───── Input data ─────

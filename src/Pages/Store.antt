-- ===== src/Pages/Store.antt =====
-- deliveries/views.py: the profile of the shop, and what its pages remember of their view.
pub mod Saved
use javi.Prelude.{
  ℕ, String, Bool, true, false, ◌==◌, Option, none, some, [], ◌∷◌, update_where, if◌then◌else◌,
  truthy,
}
use javi.Model.{Shop}
use javi.Env.{Env}
use javi.World.{World}
use javi.Exec.{Exec, pure, modify, ◌>>=◌, ◌>>◌}
use javi.Deliveries.Edit.{set_shop_origin}
use javi.Api.Create.{Readers}
use javi.Pages.{Page, json_ok, redirect, profile, saved, name_saved_only, to_list, to_profile}
use javi.Pages.Forms.{StoreFields, NameReader, clean_store}

-- The secret is only written: an empty field keeps it.
unfoldable pub secret_from : StoreFields → String → String
secret_from f old =
    if f.clear_webhook_secret then "" else if truthy f.webhook_secret then f.webhook_secret else old

-- `shop` is the object of the account.
unfoldable pub saved_as : StoreFields → Shop → Shop → Shop
unfolding secret_from
saved_as f shop s = record s {
  name = f.name;
  contact_phone = f.contact_phone;
  webhook_url = f.webhook_url;
  webhook_secret = secret_from f shop.webhook_secret;
}

write_shop : ℕ → (Shop → Shop) → Exec (Unit {0})
write_shop id f = modify (λ w. record w {
  db = record w.db { shops = update_where (λ (s : Shop). s.id == id) f w.shops };
})

-- `SetViewView.post`, with whether the mode is `board`
unfoldable pub set_view_post : Option Shop → Bool → Exec Page
unfolding write_shop
set_view_post none board = pure (redirect [] to_list)
set_view_post (some shop) board = do
  write_shop shop.id (λ s. record s { kanban_view = board })
  pure (redirect [] to_list)

-- `ToggleCompletedView.post`
unfoldable pub toggle_completed_post : Option Shop → Bool → Exec Page
unfolding write_shop
toggle_completed_post none expanded = pure json_ok
toggle_completed_post (some shop) expanded = do
  write_shop shop.id (λ s. record s { completed_expanded = expanded })
  pure json_ok

profile_page : Bool → Page
profile_page true = redirect (saved ∷ []) to_profile
profile_page false = profile (name_saved_only ∷ [])

module _ (env : Env) (readers : Readers) (names : NameReader) where
  unfoldable pub save_store : Shop → StoreFields → Exec Page
  unfolding write_shop profile_page
  save_store shop f = do
    write_shop shop.id (saved_as f shop)
    placed ← set_shop_origin env (saved_as f shop shop) f.address
    pure (profile_page placed.1)

  save_cleaned : Shop → Option StoreFields → Exec Page
  save_cleaned shop none = pure (profile [])
  save_cleaned shop (some f) = save_store shop f

  -- `ShopProfileView.post`
  unfoldable pub profile_post : Option Shop → Option StoreFields → Exec Page
  unfolding save_cleaned
  profile_post none f = pure (profile [])
  profile_post (some shop) f = save_cleaned shop (clean_store readers names env f)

─────

What you will do ->
Your output should consist only of the lines from the one containing "profile_post none f = pure (profile [])" to the end of the records above, each retyped exactly.

Written solution ->
  profile_post none f = pure (profile [])
  profile_post (some shop) f = save_cleaned shop (clean_store readers names env f)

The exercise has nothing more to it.